Fake Kremlin media: Biden said he talked with the discoverer of insulin, who died before he was born

Numerous Kremlin propaganda media – RIA Novosti, the program "Vremya", "Vesti", "Arguments and Facts", "MK" and others – report on the ridiculous mistake of President Biden: he allegedly stated that he had communicated with a man who died before his birth. RIA in the material under the heading "Biden admitted that he" spoke "with the dead" writes :

“U.S. President Joe Biden claimed to have spoken to one of the discoverers of the hormone insulin, even though both of the scientists who did so, Dr. Frederick Banting and Professor John James Richard Macleod, died before he was born.
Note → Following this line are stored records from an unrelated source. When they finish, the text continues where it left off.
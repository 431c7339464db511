-- ===== src/Http/Connection/End/Examples.antt =====
-- The end of a connection with concrete clients.
use acppsrv.Prelude.{◌≡◌, refl, some, [], ◌∷◌}
use acppsrv.Http.Connection.{body_limit, handle_connection}
use acppsrv.Http.Connection.Examples.{app, good, too_large}
use acppsrv.Http.Connection.End.Reports.{failure_of}
use acppsrv.Http.Connection.End.Failures.{Told, handle_connection-Told}
use acppsrv.Http.Samples.{env, server}

failure_of_run : failure_of env too_large ≡ some ("read_request_body", body_limit)
unfolding failure_of
failure_of_run = refl

handle_connection-Told_example :
    Told env server "A"
      (good ∷ too_large ∷ [])
      (handle_connection env server "A" (good ∷ too_large ∷ []) app)
handle_connection-Told_example = handle_connection-Told env server "A" (good ∷ too_large ∷ []) app
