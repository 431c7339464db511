-- ===== src/Http/Handler/Examples.antt =====
-- Content negotiation on concrete requests.
use acppsrv.Prelude.{◌≡◌, refl, ◌==◌, some}
use acppsrv.Http.Handler.{
  Request, json_body, protobuf_body, parse, error_response, unsupported_media_type,
}
use acppsrv.Http.Samples.{text_codec, echo_request}

abbrev wildcard : Request
wildcard = record echo_request { accept = some "*/*"; content_type = some "application/protobuf" }

not_json_not_protobuf :
    (parse ◌==◌ text_codec (record echo_request { content_type = some "text/plain" })).1.status
    ≡ unsupported_media_type
unfolding parse json_body protobuf_body error_response
not_json_not_protobuf = refl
“Do you know how much it costs to produce insulin for diabetics? It was discovered by a man who specifically filed a patent for it so that the medicine would be available to everyone. I spoke to him…” assured the head of the White House, speaking at a special event in Florida.

Banting and MacLeod received the Nobel Prize in Medicine for their discovery of insulin. They died in 1941 and 1935 respectively. At the same time, Biden was born in 1942.”

Kremlin propagandists repeated the pro-Republican New York Post's claim, apparently without verifying it. And it would be worth checking.

The Nobel Prize for the discovery of insulin was indeed awarded in 1923 to Banting and Macleod. But, according to Encyclopedia Britannica, Banting was outraged that the prize was awarded to Macleod, who had not participated in the original experiments on the release of insulin from the pancreas of a dog, while surpassing Charles Herbert Best, then a student, who had worked with Banting from the very beginning. Banting agreed to accept the prize, but shared it equally with Best. In the commemorative article "100 Years of Insulin" on the British specialized website diabetes.org.uk, three are named as the discoverers of the hormone – Banting, Best and Macleod. Best died in 1978 and could well have been Biden born in 1942.

Macleod, in turn, shared his share of the Nobel Prize with James Collip. The fact is that the first experience of using insulin for the symptomatic treatment of diabetes in humans was not entirely successful: in a 14-year-old patient, Leonard Thompson, the blood sugar level dropped to almost normal levels, but an abscess developed at the injection site, and the level of ketones remained elevated. Thompson was saved from immediate death, which threatened him before the introduction of insulin, but he remained seriously ill and died 13 years later from pneumonia.

Insulin has become a widely used safe drug, allowing millions of diabetics to lead normal lives, thanks to Collip's purification technology. RIA inaccurately translated Biden's phrase: the president used the verb invented ("invented"), and not discovered ("discovered"). And if Biden did not make a reservation, then perhaps he meant Collip, who died in 1965.

A US patent for insulin and a method for its production was obtained in 1923 by Banting, Best, and Collip. They immediately sold it to the University of Toronto for a nominal $1 each. The famous phrase "insulin does not belong to me, it belongs to the whole world" was said by Banting, but it reflects the position of all three scientists.